Y por eso, precisamente por eso, me obliga a pensar que “la vida es dura”. Porque yo sé que la responsable del golpe es la que me devuelve la mirada en el espejo, y que la vida, teniendo en cuenta lo insistente que soy cuando quiero algo, no tiene más métodos efectivos de hacerme replantearme las cosas que éste. Que si bien me ha dado tal tortazo que me duele hasta el alma, no fue ella la que tomó la decisión de andar este camino. Ni la que, hay que decirlo todo, siente que no ha dado de sí todo lo que debería. Así que cuando pienso en esas cuatro palabras odiosas, lo hago en el tono irónico del que se señala a sí mismo. Del que sabe que no tiene derecho a sentirlas, porque nunca ha pasado hambre, ni ha carecido de refugio, ni de personas que le hagan sentir querido, ni le han faltado oportunidades para educarse. Sí, no he recogido lo que esperaba, pero ¿significa eso que no tengo lo que merezco? Por extraño que parezca, me es mucho más fácil asumir que la respuesta es sí. Porque mientras el fallo esté en lo que yo haga o en lo que dependa de mí, existirá el margen de mejora. Y ese fallo puede abarcar muchas cosas, no sólo el esfuerzo. También incluye equivocarme de dirección o no tomar las decisiones adecuadas.

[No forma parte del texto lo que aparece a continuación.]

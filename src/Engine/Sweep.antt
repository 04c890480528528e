-- ===== src/Engine/Sweep.antt =====
-- OrderEngine::on_book (cpp/src/engine.cpp): the idempotency guard, the staged fill sweep over the
-- live indexes and its commit. `none` is the dereference of an iterator whose node is gone.
pub mod Reference
pub mod Commit
pub mod Equivalence
pub mod Swept
use market_maker_proto.Prelude.{
  ℕ, ◌≡◌, Bool, true, false, ◌||◌, ◌&&◌, leb, inc_u64, if◌then◌else◌, Option, none, some, ◌>>=◌,
  List, [], ◌∷◌, ◌++◌,
}
use market_maker_proto.Prelude.Int.{ℤ, pos, leb_ℤ, eqb_ℤ, min_ℤ, ◌-ℤ◌}
use market_maker_proto.Types.{Side, bid, ask, Instrument}
use market_maker_proto.Protocol.{Fill, OutMsg, fill}
use market_maker_proto.Engine.Keys.{OrderKey}
use market_maker_proto.Engine.Containers.{Map, find, update_at, idx_erase}
use market_maker_proto.Engine.State.{
  OrdState, filled, Order, Book, Routed, OrderEngine, live_index, with_live_index,
}
use market_maker_proto.Engine.Entry.{to_raw_px}

pub record StagedFill : Type 0 where
  pub lit : OrderKey
  pub side : Side
  pub leaves_after : ℤ

-- The staged batch, the reports and the next exec_id.
abbrev pub Batch : Type 0
Batch = List StagedFill × List Routed × ℕ

abbrev pub opp_px : Side → Book → ℤ
opp_px bid book = book.ask_px
opp_px ask book = book.bid_px

abbrev pub opp_qty : Side → Book → ℤ
opp_qty bid book = book.ask_qty
opp_qty ask book = book.bid_qty

unfoldable pub is_crossed : Instrument → Side → Book → Order → Bool
is_crossed inst bid book ord = leb_ℤ book.ask_px (to_raw_px inst ord.px)
is_crossed inst ask book ord = leb_ℤ (to_raw_px inst ord.px) book.bid_px

unfoldable pub fill_qty : Side → Book → Order → ℤ
fill_qty side book ord = min_ℤ ord.leaves (opp_qty side book)

unfoldable pub leaves_after : Side → Book → Order → ℤ
unfolding fill_qty
leaves_after side book ord = ord.leaves -ℤ fill_qty side book ord

unfoldable pub fill_report : Instrument → Side → Book → OrderKey → Order → ℕ → Routed
fill_report inst side book key ord exec_id = record {
  session = key.0;
  msg = fill (record {
    v = 1;
    seq = 0;
    epoch = 0;
    cl_id = key.1;
    eng_id = ord.eng_id;
    px = to_raw_px inst ord.px;
    qty = fill_qty side book ord;
    leaves = leaves_after side book ord;
    exec_id = exec_id;
  });
}

abbrev pub stage : Instrument → Side → Book → OrderKey → Order → ℕ → Batch → Batch
stage inst side book key ord exec_id rest = (
  record { lit = key; side = side; leaves_after = leaves_after side book ord } ∷ rest.0,
  fill_report inst side book key ord exec_id ∷ rest.1,
  rest.2,
)

-- The loop over one live index: an uncrossed order is passed over.
unfoldable pub sweep_index : Instrument → Side → Book → Map Order → List OrderKey → ℕ → Option Batch
sweep_index inst side book orders [] exec_id = some ([], [], exec_id)
sweep_index inst side book orders (k ∷ ks) exec_id = find k orders >>= λ ord.
    let hit = is_crossed inst side book ord in
    sweep_index inst side book orders ks (if hit then inc_u64 exec_id else exec_id) >>= λ rest.
    some (if hit then stage inst side book k ord exec_id rest else rest)

unfoldable pub is_absent : Side → Book → Bool
is_absent side book = leb_ℤ (opp_qty side book) (pos 0) || leb_ℤ (opp_px side book) (pos 0)

unfoldable pub sweep_side : OrderEngine → Side → Book → ℕ → Option Batch
sweep_side e side book exec_id =
    if is_absent side book
    then some ([], [], exec_id)
    else sweep_index e.inst side book e.orders (live_index side e) exec_id

unfoldable pub settle : ℤ → Order → Order
settle rest o =
    if eqb_ℤ rest (pos 0)
    then record o { leaves = rest; st = filled }
    else record o { leaves = rest }

unfoldable pub commit_fill : OrderEngine → StagedFill → OrderEngine
commit_fill e s =
    let e' = record e { orders = update_at s.lit (settle s.leaves_after) e.orders } in
    if eqb_ℤ s.leaves_after (pos 0)
    then with_live_index s.side (idx_erase s.lit (live_index s.side e')) e'
    else e'

unfoldable pub commit : OrderEngine → List StagedFill → OrderEngine
commit e [] = e
commit e (s ∷ staged) = commit (commit_fill e s) staged

unfoldable pub install : OrderEngine → Book → ℕ → OrderEngine
install e book exec_id = record e { book_seen = true; book = book; next_exec_id = exec_id }

unfoldable pub on_book : OrderEngine → Book → Option (OrderEngine × List Routed)
on_book e book =
    if e.book_seen && leb book.md_seq e.book.md_seq
    then some (record e { stale_books_ignored = inc_u64 e.stale_books_ignored }, [])
    else sweep_side e bid book e.next_exec_id >>= λ bids. sweep_side e ask book bids.2 >>= λ asks.
        some (commit (install e book asks.2) (bids.0 ++ asks.0), bids.1 ++ asks.1)
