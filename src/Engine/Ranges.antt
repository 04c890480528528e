-- ===== src/Engine/Ranges.antt =====
-- session_range and the erasure of a session's range (cpp/include/mm/engine.hpp) on a sorted
-- container: the session's elements, and all the others.
use market_maker_proto.Prelude.{
  ℕ, suc, ◌≤◌, ◌≡◌, refl, ap, Bool, true, not, arith, ltb, ◌==◌, Bool-cases, inl, inr, List, [],
  ◌∷◌, map, All, filter,
}
use market_maker_proto.Prelude.Text.{bytes_lt}
use market_maker_proto.Types.{Side}
use market_maker_proto.Engine.Keys.{OrderKey, key_lt, Above, IsSorted}
use market_maker_proto.Engine.Containers.{
  Map, session_floor, take_while, drop_while, session_range, erase_range,
}
use market_maker_proto.Engine.State.{Order}
use market_maker_proto.Engine.Live.{live_keys}

-- A key is below a session's floor exactly when its session is smaller.
key_lt-session_floor :
    (k : OrderKey) (session : ℕ) → key_lt k (session_floor session) ≡ ltb k.0 session
unfolding key_lt bytes_lt
key_lt-session_floor (s, []) session = ground arith
key_lt-session_floor (s, b ∷ x) session = ground arith

key_lt-le : (j k : OrderKey) → key_lt j k ≡ true → j.0 ≤ k.0
unfolding key_lt
key_lt-le (s, x) (t, y) h = ground arith

module _ {A : Type 0} (key : A → OrderKey) (session : ℕ) where
  abbrev pub of_session : A → Bool
  of_session a = (key a).0 == session

  abbrev pub of_others : A → Bool
  of_others a = not ((key a).0 == session)

  abbrev FromSession : ℕ → List A → Type 0
  FromSession s = All (λ a. s ≤ (key a).0)

  Above-FromSession : (k : OrderKey) (c : List A) → Above k (map key c) → FromSession k.0 c
  Above-FromSession k [] a = tt
  Above-FromSession k (x ∷ c) a = (key_lt-le k (key x) a.0, Above-FromSession k c a.1)

  FromSession-mono : (s t : ℕ) (c : List A) → s ≤ t → FromSession t c → FromSession s c
  FromSession-mono s t [] h a = tt
  FromSession-mono s t (x ∷ c) h a = (omega arith, FromSession-mono s t c h a.1)

  -- Past the session nothing is of the session.
  filter_past :
      (c : List A)
      → FromSession (suc session) c
      → (filter of_session c ≡ []) × (filter of_others c ≡ c)
  filter_past [] a = (refl, refl)
  filter_past (x ∷ c) a = ground (arith, filter_past c)

  -- From the floor on, the session's elements come first.
  split_from :
      (c : List A)
      → IsSorted (map key c)
      → FromSession session c
      → (take_while of_session c ≡ filter of_session c)
        × (drop_while of_session c ≡ filter of_others c)
  split_from [] s a = (refl, refl)
  split_from (x ∷ c) s a = elim (Bool-cases ((key x).0 == session)) [
    | inl here ↦ ground (arith, split_from c s.1 a.1)
    | inr past ↦
        let above : FromSession (suc session) c =
          FromSession-mono (suc session) (key x).0 c (ground arith)
            (Above-FromSession (key x) c s.0) in
        ground (arith, filter_past c above)
  ]

  from_here :
      (x : A) (c : List A)
      → IsSorted (map key (x ∷ c))
      → session ≤ (key x).0
      → FromSession session (x ∷ c)
  from_here x c s h = (h, FromSession-mono session (key x).0 c h (Above-FromSession (key x) c s.0))

  -- On a sorted container the range is the session's elements, in order.
  pub session_range_lem :
      (c : List A) → IsSorted (map key c) → session_range key session c ≡ filter of_session c
  unfolding session_range
  session_range_lem [] s = refl
  session_range_lem (x ∷ c) s = elim (Bool-cases (key_lt (key x) (session_floor session))) [
    | inl below ↦
        rw (below, session_range)
          (ground (arith, session_range_lem c s.1, key_lt-session_floor (key x) session))
    | inr from ↦
        let h : session ≤ (key x).0 = ground (arith, key_lt-session_floor (key x) session) in
        rw (from, session_range) (split_from (x ∷ c) s (from_here x c s h)).0
  ]

  -- Erasing the range keeps all the other elements, in order.
  pub erase_range_lem :
      (c : List A) → IsSorted (map key c) → erase_range key session c ≡ filter of_others c
  unfolding erase_range
  erase_range_lem [] s = refl
  erase_range_lem (x ∷ c) s = elim (Bool-cases (key_lt (key x) (session_floor session))) [
    | inl below ↦
        rw (below, erase_range)
          (ground (arith, erase_range_lem c s.1, key_lt-session_floor (key x) session))
    | inr from ↦
        let h : session ≤ (key x).0 = ground (arith, key_lt-session_floor (key x) session) in
        rw (from, erase_range) (split_from (x ∷ c) s (from_here x c s h)).1
  ]

  filter-Above :
      (p : A → Bool) (k : OrderKey) (c : List A)
      → Above k (map key c)
      → Above k (map key (filter p c))
  filter-Above p k [] a = tt
  filter-Above p k (x ∷ c) a = ground (arith, filter-Above p k c a.1)

  pub filter-IsSorted :
      (p : A → Bool) (c : List A) → IsSorted (map key c) → IsSorted (map key (filter p c))
  filter-IsSorted p [] s = tt
  filter-IsSorted p (x ∷ c) s =
      ground (arith, filter-IsSorted p c s.1, filter-Above p (key x) c s.0)

-- The live keys of the other sessions are the other sessions' live keys.
pub live_keys-filter :
    (side : Side) (p : OrderKey → Bool) (m : Map Order)
    → live_keys side (filter (λ x. p x.0) m) ≡ filter p (live_keys side m)
live_keys-filter side p [] = refl
live_keys-filter side p ((k, o) ∷ m) = elim (Bool-cases (p k)) [
  | inl y ↦ rw y (ground (arith, live_keys-filter side p m))
  | inr n ↦ rw n (ground (arith, live_keys-filter side p m))
]

pub map_id : (l : List OrderKey) → map (λ k. k) l ≡ l
map_id [] = refl
map_id (k ∷ l) = ap (◌∷◌ k) (map_id l)
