-- ===== src/Engine/Counts.antt =====
-- How many entries of the order map meet a test, and what an insertion or a write does to that
-- number: entry_count and live_count of cpp/src/engine.cpp against the full map.
use market_maker_proto.Prelude.{
  ℕ, suc, ◌+◌, ◌≤◌, ◌≡◌, refl, Bool, true, ◌&&◌, arith, ◌==◌, if◌then◌else◌, Bool-cases, inl, inr,
  [], ◌∷◌, map, none, some, All, filter, length,
}
use market_maker_proto.Types.{Side, bid, ask}
use market_maker_proto.Engine.Keys.{OrderKey, key_lt, key_eq, IsSorted, key_eq→eq}
use market_maker_proto.Engine.Containers.{Map, keys, find, emplace, update_at}
use market_maker_proto.Engine.State.{Order, OrderEngine, is_live, live_count}
use market_maker_proto.Engine.Live.{live_keys, live_keys-Above, find_tail, find_ne, gt_of_ne}
use market_maker_proto.Engine.Ranges.{of_session, session_range_lem, map_id}

abbrev pub count_where : {V : Type 0} → (OrderKey → V → Bool) → Map V → ℕ
count_where p [] = 0
count_where p ((k, v) ∷ m) = let rest = count_where p m in if p k v then suc rest else rest

-- The entries of a session, and its live orders.
abbrev pub in_session : ℕ → OrderKey → Order → Bool
in_session session k o = k.0 == session

abbrev pub live_in : ℕ → OrderKey → Order → Bool
live_in session k o = k.0 == session && is_live o.st

module _ {V : Type 0} (p : OrderKey → V → Bool) where
  pub count_where-emplace :
      (k : OrderKey) (v : V) (m : Map V)
      → find k m ≡ none
      → count_where p (emplace k v m) ≡ (if p k v then suc (count_where p m) else count_where p m)
  unfolding emplace
  count_where-emplace k v [] f = refl
  count_where-emplace k v ((j, w) ∷ m) f = elim (Bool-cases (key_lt j k)) [
    | inl below ↦
        rw (below, emplace) (ground (arith, count_where-emplace k v m (find_tail j k w m f)))
    | inr above ↦ rw (above, gt_of_ne j k (find_ne j k w m f) above, emplace) refl
  ]

  -- A write that never makes the test pass does not raise the number.
  pub count_where-update_at_le :
      (k : OrderKey) (g : V → V) (m : Map V)
      → ((j : OrderKey) (v : V) → p j (g v) ≡ true → p j v ≡ true)
      → count_where p (update_at k g m) ≤ count_where p m
  unfolding update_at
  count_where-update_at_le k g [] h = omega arith
  count_where-update_at_le k g ((j, w) ∷ m) h =
      ground (arith, count_where-update_at_le k g m h, h j w)

  pub count_where-update_at :
      (k : OrderKey) (g : V → V) (m : Map V)
      → ((j : OrderKey) (v : V) → p j (g v) ≡ p j v)
      → count_where p (update_at k g m) ≡ count_where p m
  unfolding update_at
  count_where-update_at k g [] h = refl
  count_where-update_at k g ((j, w) ∷ m) h = ground (arith, count_where-update_at k g m h, h j w)

module _ {V : Type 0} (P : OrderKey × V → Type 0) where
  pub All-emplace : (k : OrderKey) (v : V) (m : Map V) → P (k, v) → All P m → All P (emplace k v m)
  unfolding emplace
  All-emplace k v [] h a = (h, tt)
  All-emplace k v ((j, w) ∷ m) h a = elim (Bool-cases (key_lt j k)) [
    | inl below ↦ rw (below, emplace) (a.0, All-emplace k v m h a.1)
    | inr above ↦ elim (Bool-cases (key_lt k j)) [
      | inl l ↦ rw (above, l, emplace) (h, a)
      | inr g ↦ rw (above, g, emplace) a
    ]
  ]

  pub All-update_at :
      (k : OrderKey) (g : V → V) (v : V) (m : Map V)
      → find k m ≡ some v
      → P (k, g v)
      → All P m
      → All P (update_at k g m)
  unfolding update_at find
  All-update_at k g v [] f h a = tt
  All-update_at k g v ((j, w) ∷ m) f h a = elim (Bool-cases (key_eq j k)) [
    | inl hit ↦
        let e = key_eq→eq j k hit in
        let same : w ≡ v = ground arith in rw (hit, update_at) (rw (e, same) h, a.1)
    | inr miss ↦
        let rest : find k m ≡ some v = ground arith in
        rw (miss, update_at) (a.0, All-update_at k g v m rest h a.1)
  ]

  pub All-find : (k : OrderKey) (v : V) (m : Map V) → All P m → find k m ≡ some v → P (k, v)
  unfolding find
  All-find k v [] a h = cc
  All-find k v ((j, w) ∷ m) a h = elim (Bool-cases (key_eq j k)) [
    | inl hit ↦
        let e = key_eq→eq j k hit in let same : w ≡ v = ground arith in rw (← same) (rw (← e) a.0)
    | inr miss ↦ All-find k v m a.1 (ground arith)
  ]

  pub All-filter : (p : OrderKey × V → Bool) (m : Map V) → All P m → All P (filter p m)
  All-filter p [] a = tt
  All-filter p (x ∷ m) a = elim (Bool-cases (p x)) [
    | inl y ↦ rw y (a.0, All-filter p m a.1)
    | inr n ↦ rw n (All-filter p m a.1)
  ]

pub live_keys-IsSorted :
    (side : Side) (m : Map Order) → IsSorted (keys m) → IsSorted (live_keys side m)
live_keys-IsSorted side [] s = tt
live_keys-IsSorted side ((k, o) ∷ m) s =
    ground (arith, live_keys-IsSorted side m s.1, live_keys-Above side k m s.0)

index_length :
    (session : ℕ) (m : Map Order)
    → length (filter (of_session (λ k. k) session) (live_keys bid m))
        + length (filter (of_session (λ k. k) session) (live_keys ask m))
      ≡ count_where (live_in session) m
index_length session [] = omega arith
index_length session ((k, o) ∷ m) = ground (arith, index_length session m)

-- The number that the live indexes give is that of the session's live orders in the full map.
pub live_count_lem :
    (e : OrderEngine) (session : ℕ)
    → IsSorted (keys e.orders)
    → e.live_bids ≡ live_keys bid e.orders
    → e.live_asks ≡ live_keys ask e.orders
    → live_count e session ≡ count_where (live_in session) e.orders
unfolding live_count
live_count_lem e session s b a =
    rw
      (
        b,
        a,
        session_range_lem (λ k. k) session (live_keys bid e.orders) (sorted bid),
        session_range_lem (λ k. k) session (live_keys ask e.orders) (sorted ask),
      )
      (index_length session e.orders)
  where
    sorted : (side : Side) → IsSorted (map (λ k. k) (live_keys side e.orders))
    sorted side = rw (map_id (live_keys side e.orders)) (live_keys-IsSorted side e.orders s)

Así que, ¿la vida es dura? Sí, lo es. Te hace pagar todos los fallos, muchas veces, con un precio que parece demasiado alto. ¿Es difícil, injusta y carece de premios para todos los que lo merecen? Sí, sin duda. Pero también es honesta. La vida no va engañando a nadie con falsas promesas. Somos nosotros los que tendemos al autoengaño porque algunas cosas parecen así más fáciles de llevar. Es equitativa, aunque no lo parezca. Somos nosotros los que no hacemos un buen reparto de lo que da, los que acaparamos y dejamos a los demás con menos de lo necesario. La vida está llena de amor, personas que te quieren, que sufren contigo en la distancia para no agobiarte, siempre y cuando uno sea capaz de quererlas también. La vida te da asideros de lo más inesperados, y pone en tu camino a pequeños seres, incapaz de hablar tu idioma, ni ningún otro, que ponen sonrisas en tu cara y alegría en tu corazón, por malas que sean las perspectivas. La vida te brinda la posibilidad de soñar. E incluso cuando tus sueños no se han realizado, cuando has de aceptar que han de quedar en ese lugar donde guardamos aquellos sueños que nunca serán realidad, pero de los que no podemos desprendernos del todo, porque contemplarlos siempre seguirá siendo hermoso, te ofrece la posibilidad de volver a soñar. Y tarde o temprano, si uno se mantiene vivo por dentro, encuentra otro sueño por el que merece la pena arriesgarse a sufrir un dolor como éste. Aunque sólo sea para aprender que la vida, aun no siendo como uno la había planeado, tiene muchas maneras de ser maravillosa. Por eso, yo me seguiré repitiendo que la vida es dura, cada vez con un poco menos de dolor, porque ella me ha enseñado que yo soy capaz de pagar el precio que cuesta disfrutarla.